What if we wanted to remove the "Stanford" cell from the list? We would have to rewire the list. This has to be done in a particular order. Assume we have a pointer to the "Stanford" cell already, called cellToRemove. Here's the code that will remove it:
Cell *priorCell = cellToRemove->prev;
Cell *nextCell = cellToRemove->next;
priorCell->next = cellToRemove->next;
nextCell->prev = cellToRemove->prev;
delete cellToRemove;
The "rewiring" for linked lists gets tricky, so again it is a very, very good idea to draw pictures.
By the way, if the cell we wanted to remove happend to be at the beginning or end, it would be a special case! This is where checking for nullptr for either the next or prev is critical.
Slide 10
One last item: pointers to structs that also contain structs
In your homework, you'll have two structs:
struct Particle {
double x;
double y;
Color color;
double dx;
double dy;
int lifetime = A_LONG_TIME;
ParticleType type = ParticleType::STREAMER;
};
struct ParticleCell {
Particle particle;
ParticleCell* next;
ParticleCell* prev;
}
Notice that ParticleCell has a Particle as part of its definition, with the variable name, particle.
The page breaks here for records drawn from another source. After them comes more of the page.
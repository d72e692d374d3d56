-- ===== src/Provision.antt =====
-- src/provision.c: the access token in settings, and its request from the server. `prov_callback`
-- stands for the callback that src/thingsboard.c passes, and gets the token.
pub mod Balance
pub mod Sized
pub mod Frame
pub mod Keeps
pub mod Still
pub mod Laws
use thingsboard_sdk.Base.{
  ℕ, ◌+◌, Bool, true, false, Option, none, some, List, [], ◌∷◌, ◌++◌, Bytes, ascii, bytes_eq,
  until_nul, length, drop, take, ltb, if◌then◌else◌,
}
use thingsboard_sdk.Types.{
  Result, ok, err, ReturnCode, Errno, einval, enoent, enomem, efault, CoapRequest, Request, post,
  app_json, prov_resp,
}
use thingsboard_sdk.Platform.{
  Env, Delivery, Entry, ProvisionResponse, settings_subsys_init, settings_load, settings_save_one,
}
use thingsboard_sdk.World.{World, M, ◌>>=◌, ◌>>◌, pure, done, ask, when, get_world, modify_request}
use thingsboard_sdk.Requests.{request_alloc, request_free, send_coap}
use thingsboard_sdk.Fota.{is_zero}

-- sizeof(access_token)
abbrev pub access_token_size : ℕ
access_token_size = 30

-- What is saved: the token with its NUL.
abbrev pub stored_token : Bytes → Bytes
stored_token token = token ++ 0 ∷ []

-- The token in the buffer, behind a read callback that wrote bytes at its start.
abbrev pub overwritten : Bytes → Bytes → Bytes
overwritten written token = until_nul (written ++ drop (length written) (stored_token token))

-- token_settings_set: what it returns, and the token that is then in the buffer.
unfoldable pub token_settings_set : Entry → Bytes → ReturnCode × Bytes
token_settings_set entry token =
    if bytes_eq entry.name (ascii "token")
    then if ltb access_token_size entry.len
      then (err einval, token)
      else (elim entry.read [ err x ↦ err x | ok _ ↦ ok 0 ], overwritten entry.written token)
    else (err enoent, token)

-- THINGSBOARD_TOKEN_SETTINGS_KEY
abbrev pub token_settings_key : Bytes
token_settings_key = ascii "thingsboard/token"

-- `access_token` as an array. `rest` is what stands behind the NUL of the token.
abbrev pub access_token_array : Bytes → Bytes → Bytes
access_token_array token rest = take access_token_size (stored_token token ++ rest)

-- token_settings_export
unfoldable pub token_settings_export : (Bytes → Bytes → ReturnCode) → Bytes → Bytes → ReturnCode
token_settings_export storage_func token rest =
    storage_func token_settings_key (access_token_array token rest)

-- settings_load hands each stored entry to the handler; the handler's errors end no loading.
unfoldable pub load_entries : List Entry → Bytes → Bytes
unfolding token_settings_set
load_entries [] token = token
load_entries (entry ∷ entries) token = load_entries entries (token_settings_set entry token).1

-- The checks of client_handle_prov_resp, in order: the token of a response that passes them.
unfoldable pub accepted_token : ProvisionResponse → Option Bytes
accepted_token r = elim r.status [
  | none ↦ none
  | some status ↦
      if bytes_eq status (ascii "SUCCESS")
      then elim r.credentials_type [
        | none ↦ none
        | some type ↦
            if bytes_eq type (ascii "ACCESS_TOKEN")
            then elim r.credentials_value [
              | none ↦ none
              | some value ↦ if ltb (length value) access_token_size then some value else none
            ]
            else none
      ]
      else none
]

-- request_fmt
abbrev pub provision_text : Bytes → Bytes → Bytes → Bytes
provision_text device_name key secret =
    ascii "{\"deviceName\": \""
    ++ (device_name
        ++ (ascii "\",\"provisionDeviceKey\": \""
            ++ (key ++ (ascii "\",\"provisionDeviceSecret\": \"" ++ (secret ++ ascii "\"}")))))

module _ (e : Env) where
  provision_coap_request : ℕ → World → CoapRequest
  provision_coap_request r w = record {
    confirmable = true;
    method = post;
    path = ascii "/api/v1/provision";
    options = [];
    payload = (w.slab r).payload;
    fmt = some app_json;
    cb = prov_resp;
    user_data = r;
  }

  post_provision : ℕ → M ReturnCode
  unfolding provision_coap_request
  post_provision r = do
    w ← get_world
    res ← send_coap e (provision_coap_request r w)
    elim res [ err _ ↦ (do request_free (some r); pure (err efault)) | ok _ ↦ pure (ok 0) ]

  print_provision : Bytes → ℕ → M ReturnCode
  unfolding post_provision
  print_provision device_name r =
      let text =
        provision_text device_name e.kconfig.provisioning_key e.kconfig.provisioning_secret in
      if ltb (length text) e.kconfig.coap_client_message_size
      then (do modify_request r (λ q. record q { payload = text }); post_provision r)
      else (do request_free (some r); pure (err enomem))

  -- make_provisioning_request
  unfoldable pub make_provisioning_request : Bytes → M ReturnCode
  unfolding print_provision
  make_provisioning_request device_name = do
    request ← request_alloc e
    elim request [ none ↦ pure (err enomem) | some r ↦ print_provision device_name r ]

module _ (e : Env) (prov_callback : Bytes → World → World × (Unit {0})) where
  -- The token is kept and saved, and the callback called if there is one.
  take_token : Bytes → M (Unit {0})
  take_token token w =
      (do
        ask (λ h. e.settings_save_result h (stored_token token))
            (settings_save_one (stored_token token))
        when w.prov_cb (prov_callback token))
        (record w { prov_token = token })

  take_response : ProvisionResponse → M (Unit {0})
  unfolding take_token accepted_token
  take_response response = elim (accepted_token response) [
    | none ↦ done
    | some token ↦ take_token token
  ]

  -- client_handle_prov_resp in front of `out`
  pub process_prov_resp : ReturnCode → Bytes → M (Unit {0})
  unfolding take_response
  process_prov_resp (err _) payload = done
  process_prov_resp (ok _) payload = elim (e.provision_response_from_json payload) [
    | err _ ↦ done
    | ok response ↦ take_response response
  ]

  -- client_handle_prov_resp
  unfoldable pub handle_prov_resp : Delivery → ℕ → M (Unit {0})
  unfolding process_prov_resp
  handle_prov_resp d r = do
    process_prov_resp d.result_code d.payload
    when d.last_block (request_free (some r))

  use_token : Bytes → Bytes → M ReturnCode
  use_token device_name [] = make_provisioning_request e device_name
  use_token device_name (c ∷ cs) = do prov_callback (c ∷ cs); pure (ok 0)

  load_token : Bytes → M ReturnCode
  unfolding use_token load_entries
  load_token device_name w =
      let r = ask e.settings_load_result settings_load w in
      let token = load_entries (e.stored w.history) w.prov_token in
      let w' = record (r.0) { prov_token = token } in
      if is_zero r.1 then use_token device_name token w' else (w', r.1)

  -- thingsboard_provision_device
  unfoldable pub provision_device : Bytes → M ReturnCode
  unfolding load_token
  provision_device device_name w =
      (do
        res ← ask e.settings_init_result settings_subsys_init
        if is_zero res then load_token device_name else pure res)
        (record w { prov_cb = true })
As part of the assignment, you will also have pointers to ParticleCell objects, e.g.,
ParticleCell* cell;
If you want to access the x field of particle in cell, you can do so as follows:
cell->particle.x = 42;
This mixes both arrow notation and dot notation, which can get confusing. But, you could break it down as follows: You have a pointer to a struct, so you need to use arrow notation to get the fields of that struct. If you want the particle field, you could get a reference to the particle, and then you could modify it and it would update in the original cell:
Particle &p = cell->particle;
Now, you just have a particle object, and you can access its fields with dot notation, e.g.,
p.x = 42;
p.y = 88;